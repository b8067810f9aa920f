-- ===== src/Repl/Follower/Runner/Based.antt =====
-- A follower over any number of connections (distconf/internal/repl/follower.go: Run;
-- stream.go: ApplyStream).
use mathlib.Core.Path.{subst}
use repository.Base.{
  ℕ, zero, suc, ◌+◌, ◌-◌, ◌^◌, ◌≤◌, ◌<◌, ◌≡◌, ◌≢◌, refl, ap, sym, ◌∙◌, Bool, true, false, not, List,
  [], ◌∷◌, Option, none, some, length, get_elem?, get_elem?-drop, take, take-suc, drop, All, arith,
  ◌⊎◌, inl, inr, Option-cases, Bool-cases, if◌then◌else◌, ◌==◌, nat_comparable,
}
use repository.Base.Int64.{Int64}
use repository.Base.Int64
use repository.Proto.{
  LogEntry, Payload, unset, snapshot, entry, PbSnapshot, empty, AppendEntriesResponse,
}
use repository.Store.State.{Store, new, MapKey, map_key_comparable}
use repository.Store.Snapshot.{
  export_snapshot, snapshot_to_proto, restore_snapshot, snapshot_from_proto,
}
use repository.Repl.Applier.{apply_one, apply_snapshot, replay}
use repository.Repl.Keys.{replay-IsUnique}
use repository.Repl.Commit.Saved.{Exported}
use repository.Repl.Commit.Prefix.{Indexed}
use repository.Repl.Follower.Stream.{AreSet}
use repository.Repl.Follower.Converges.{rev-replay}
use repository.Store.Snapshot.Restore.{transfer, transfer-keys}
use repository.Base.Dict.{find}
use repository.Repl.Replay.{replay-nil}
use repository.Repl.Advance.{rev-apply_op}
use repository.Repl.Commit.Prefix.{replay-append, replay-append_fault}
use repository.Repl.Follower.{
  Received, acknowledged, duplicate, broken, panicked, received, state_of, receive, receive_all,
  apply_stream, ack, StreamError,
}
use repository.Repl.Follower.Runner.{FollowerRunner, Connection, fails_to_open, streams, once, run}

-- A message that a leader with these entries may send: an entry under its own index, or what the
-- exporter gives for the replay of a first part of the entries.
abbrev pub Genuine : (Int64 → Int64) → (Store → PbSnapshot) → List LogEntry → Payload → Type 0
Genuine led f entries unset = ⊥
Genuine led f entries (snapshot snap) = Exported led f entries snap
Genuine led f entries (entry e) =
    (k : ℕ) × (e.index ≡ k + 1) × (get_elem? entries k ≡ some e) × (e.op ≢ empty)

-- The snapshot of a store, as a leader sends it.
abbrev pub shown : Store → PbSnapshot
shown u = snapshot_to_proto (export_snapshot u)

-- A store that was restored from the snapshot of the leader's state at its own applied index, and has
-- that state's entry at each key.
pub record Restored (led : Int64 → Int64) (entries : List LogEntry) (b : Store) : Type 0 where
  pub source : Store
  pub replayed : replay led new (take b.rev entries) ≡ some source
  pub within : b.rev ≤ length entries
  pub keys : (j : MapKey) → find j b.kvs ≡ find j source.kvs
  pub before : Store
  pub taken : b ≡ apply_snapshot before (shown source)

-- An empty store, or one that such a snapshot was restored to.
abbrev pub IsBase : (Int64 → Int64) → List LogEntry → Store → Type 0
IsBase led entries b = (b ≡ new) ⊎ Restored led entries b

-- A store that is the replay of consecutive entries on such a base, from the base's index on up to its
-- own.
pub record Based (led clock : Int64 → Int64) (entries : List LogEntry) (s : Store) : Type 0 where
  pub base : Store
  pub is_base : IsBase led entries base
  pub count : ℕ
  pub replayed : replay clock base (take count (drop base.rev entries)) ≡ some s
  pub counted : s.rev ≡ base.rev + count
  pub within : s.rev ≤ length entries

-- A run of consecutive entries on a base that the state machine panics at.
pub record Faults (led clock : Int64 → Int64) (entries : List LogEntry) : Type 0 where
  pub base : Store
  pub is_base : IsBase led entries base
  pub count : ℕ
  pub fault : replay clock base (take count (drop base.rev entries)) ≡ none

get_elem?-bound {ℓ} :
    {A : Type ℓ} (xs : List A) (k : ℕ) (a : A) → get_elem? xs k ≡ some a → k < length xs
get_elem?-bound [] k a h = cc
get_elem?-bound (x ∷ xs) zero a h = omega arith
get_elem?-bound (x ∷ xs) (suc k) a h = omega (arith, get_elem?-bound xs k a h)

abbrev any_key : MapKey
any_key = record { ns = ""; key = "" }

module _ (led clock : Int64 → Int64) (entries : List LogEntry) (few : length entries < 2 ^ 50)
    (numbered : Indexed 0 entries) (set : AreSet entries) where
  abbrev Fine : Store → Received → Type 0
  Fine s panicked = Faults led clock entries
  Fine s duplicate = Unit
  Fine s (broken e) = Unit
  Fine s (acknowledged s') = Based led clock entries s' × (s.rev ≤ s'.rev)

  -- The next entry, applied.
  applied-Fine :
      (s : Store) (e : LogEntry) (k : ℕ)
      → Based led clock entries s
      → e.index ≡ k + 1
      → get_elem? entries k ≡ some e
      → e.op ≢ empty
      → e.index ≡ Int64.add s.rev 1
      → Fine s (received (state_of (apply_one (clock e.index) s e)))
  applied-Fine s e k b index there filled next =
      let bound = get_elem?-bound entries k e there in
      let at : s.rev ≡ k = omega (arith, b.within, bound, few, index, next) in
      let window : get_elem? (drop b.base.rev entries) b.count ≡ some e =
        ap (get_elem? (drop b.base.rev entries)) {x = b.count} {y = k - b.base.rev}
          (omega (arith, b.counted, at))
        ∙ get_elem?-drop b.base.rev k entries (omega (arith, b.counted, at))
        ∙ there in
      let longer = take-suc b.count (drop b.base.rev entries) e window in
      elim (Option-cases (apply_one (clock e.index) s e)) [
        | inl fault ↦
            subst (λ o. Fine s (received (state_of o))) (sym fault)
              (record {
                base = b.base;
                is_base = b.is_base;
                count = suc b.count;
                fault =
                    ap (replay clock b.base) longer
                    ∙ replay-append_fault clock _ b.base s e b.replayed fault;
              })
        | inr ((r, s'), h) ↦
            let up : s'.rev ≡ k + 1 =
              rev-apply_op (clock e.index) s e.index e.op r s' filled h ∙ index in
            subst (λ o. Fine s (received (state_of o))) (sym h)
              (
                record {
                  base = b.base;
                  is_base = b.is_base;
                  count = suc b.count;
                  replayed =
                      ap (replay clock b.base) longer
                      ∙ replay-append clock _ b.base s s' e r b.replayed h;
                  counted = omega (arith, up, at, b.counted);
                  within = omega (arith, up, bound);
                },
                omega (arith, up, at),
              )
      ]

  either-Fine :
      (s : Store) (x y : Bool) (e : StreamError) (z : Received)
      → (y ≡ true → Fine s z)
      → Fine s (if x then duplicate else if not y then broken e else z)
  either-Fine s true y e z h = tt
  either-Fine s false false e z h = tt
  either-Fine s false true e z h = h refl

  restored-cases :
      (s u : Store)
      → u.rev < 2 ^ 63
      → s.rev < 2 ^ 63
      → (apply_snapshot s (shown u) ≡ s) ⊎ (s.rev ≤ u.rev)
  unfolding apply_snapshot restore_snapshot snapshot_from_proto export_snapshot snapshot_to_proto
  restored-cases s u sized fits = elim (Bool-cases (Int64.lt u.rev s.rev)) [
    | inl older ↦ inl (ground (arith, older))
    | inr newer ↦ inr (ground (arith, newer))
  ]

  restored-Fine :
      (s : Store) (snap : PbSnapshot)
      → Exported led shown entries snap
      → Based led clock entries s
      → Fine s (acknowledged (apply_snapshot s snap))
  unfolding apply_snapshot
  restored-Fine s snap x b =
      let u = x.source in
      let at : u.rev ≡ x.count =
        rev-replay led x.count 0 entries new u x.within numbered set refl x.replayed
        ∙ omega arith in
      subst (λ q. Fine s (acknowledged (apply_snapshot s q))) (sym x.exported)
        (elim (restored-cases s u (omega (arith, at, x.within, few))
          (omega (arith, b.within, few))) [
            | inl same ↦ subst (λ t. Fine s (acknowledged t)) (sym same) (b, omega arith)
            | inr up ↦
                let small : u.rev < 2 ^ 50 = omega (arith, at, x.within, few) in
                let alone = replay-IsUnique led (take x.count entries) new u tt x.replayed in
                let moved = λ (j : MapKey). transfer-keys s u j alone small up in
                let top : (transfer s u).rev ≡ x.count = (moved any_key).1 ∙ at in
                (
                  record {
                    base = transfer s u;
                    is_base = inr (record {
                      source = u;
                      replayed = ap (λ n. replay led new (take n entries)) top ∙ x.replayed;
                      within = omega (arith, top, x.within);
                      keys = λ j. (moved j).0;
                      before = s;
                      taken = refl;
                    });
                    count = 0;
                    replayed = replay-nil clock (transfer s u);
                    counted = omega arith;
                    within = omega (arith, top, x.within);
                  },
                  omega (arith, top, at, up),
                )
          ])

  -- One message, whatever it is.
  receive-Fine :
      (s : Store) (p : Payload)
      → Genuine led shown entries p
      → Based led clock entries s
      → Fine s (receive clock s p)
  unfolding receive
  receive-Fine s unset g b = absurd g
  receive-Fine s (snapshot snap) g b = restored-Fine s snap g b
  receive-Fine s (entry e) (k, index, there, filled) b =
      either-Fine s _ (e.index == Int64.add s.rev 1) _ _ (λ h.
        applied-Fine s e k b index there filled
          ((nat_comparable.agree_iff e.index (Int64.add s.rev 1)).0 h))

  -- The result of several messages.
  abbrev Ends {ℓ} : {R : Type ℓ} → (R → Store) → Store → Option R → Type 0
  Ends at s none = Faults led clock entries
  Ends at s (some r) = Based led clock entries (at r) × (s.rev ≤ (at r).rev)

  abbrev Outcome : Type 0
  Outcome = Store × List AppendEntriesResponse × Option StreamError

  acked-Ends :
      (s s' : Store) (a : AppendEntriesResponse) (o : Option Outcome)
      → s.rev ≤ s'.rev
      → Ends (λ r. r.0) s' o
      → Ends
          (λ r. r.0)
          s
          (elim o as (λ o. Option Outcome) [
            | none ↦ none
            | some (t, acks, e) ↦ some (t, a ∷ acks, e)
          ])
  acked-Ends s s' a none up f = f
  acked-Ends s s' a (some (t, acks, e)) up (b, more) = (b, omega (arith, up, more))

  receive_all-Ends :
      (id : ℕ) (ps : List Payload) (s : Store)
      → All (λ p. Genuine led shown entries p) ps
      → Based led clock entries s
      → Ends (λ r. r.0) s (receive_all clock id s ps)
  unfolding receive_all
  receive_all-Ends id [] s h b = (b, omega arith)
  receive_all-Ends id (p ∷ ps) s h b =
      elim (receive clock s p)
          as (λ r.
            Fine s r
            → Ends (λ r. r.0) s
                (elim r as (λ r. Option Outcome) [
                  | panicked ↦ none
                  | broken e ↦ some (s, [], some e)
                  | duplicate ↦ receive_all clock id s ps
                  | acknowledged s' ↦ elim (receive_all clock id s' ps) [
                    | none ↦ none
                    | some (s'', acks, e) ↦ some (s'', ack id s' ∷ acks, e)
                  ]
                ])) [
                  | panicked ↦ (λ f. f)
                  | broken e ↦ (λ f. (b, omega arith))
                  | duplicate ↦ (λ f. receive_all-Ends id ps s h.1 b)
                  | acknowledged s' ↦ (λ f.
                      acked-Ends s s' (ack id s') (receive_all clock id s' ps) f.1
                        (receive_all-Ends id ps s' h.1 f.0))
                ]
        (receive-Fine s p h.0 b)

  -- What a connection may give.
  abbrev pub IsGenuine : Connection → Type 0
  IsGenuine fails_to_open = Unit
  IsGenuine (streams ps) = All (λ p. Genuine led shown entries p) ps

  once-Ends :
      (r : FollowerRunner) (s : Store) (c : Connection)
      → IsGenuine c
      → Based led clock entries s
      → Ends (λ t. t) s (once clock r s c)
  unfolding once apply_stream
  once-Ends r s fails_to_open h b = (b, omega arith)
  once-Ends r s (streams ps) h b =
      elim (receive_all clock r.self_id s ps)
          as (λ o.
            Ends (λ q. q.0) s o
            → Ends (λ t. t) s
                (elim (elim o as (λ o. Option Outcome) [
                  | none ↦ none
                  | some (s', acks, e) ↦ some (s', ack r.self_id s ∷ acks, e)
                ])
                  as (λ o. Option Store) [ none ↦ none | some (s', acks, e) ↦ some s' ])) [
                    | none ↦ (λ f. f)
                    | some (s', acks, e) ↦ (λ f. f)
                  ]
        (receive_all-Ends r.self_id ps s h b)

  -- A follower that starts from a replay of consecutive entries, on an empty store or on one restored
  -- from a snapshot of the leader's state at the same index, stays one over any number of connections,
  -- however each of them ends, and its applied index does not fall; it panics only where such a
  -- replay does. The messages are entries of the leader's log under their own indices and snapshots of
  -- what a first part of it leads to, in any order and with any omitted or repeated. The base has the
  -- snapshot's entry at each key.
  pub run-Based :
      (r : FollowerRunner) (cs : List Connection) (s : Store)
      → All IsGenuine cs
      → Based led clock entries s
      → Faults led clock entries × (run clock r s cs ≡ none)
        ⊎ ((s' : Store) × (run clock r s cs ≡ some s')
            × Based led clock entries s'
            × (s.rev ≤ s'.rev))
  unfolding run
  run-Based r [] s h b = inr (s, refl, b, omega arith)
  run-Based r (c ∷ cs) s h b =
      elim (once clock r s c)
          as (λ o.
            Ends (λ t. t) s o
            → Faults led clock entries
                × ((elim o as (λ o. Option Store) [ none ↦ none | some s' ↦ run clock r s' cs ])
                    ≡ none)
              ⊎ ((s' : Store) × ((elim o as (λ o. Option Store) [
                | none ↦ none
                | some s' ↦ run clock r s' cs
              ])
                    ≡ some s')
                  × Based led clock entries s'
                  × (s.rev ≤ s'.rev))) [
                    | none ↦ (λ f. inl (f, refl))
                    | some s₁ ↦ (λ f. elim (run-Based r cs s₁ h.1 f.0) [
                      | inl x ↦ inl x
                      | inr (s', e, b', up) ↦ inr (s', e, b', omega (arith, up, f.1))
                    ])
                  ]
        (once-Ends r s c h.0 b)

§ What you need to do
In the listing above, find each line where "streams" occurs and copy it.

§ Final answer
use repository.Repl.Follower.Runner.{FollowerRunner, Connection, fails_to_open, streams, once, run}
  IsGenuine (streams ps) = All (λ p. Genuine led shown entries p) ps
  once-Ends r s (streams ps) h b =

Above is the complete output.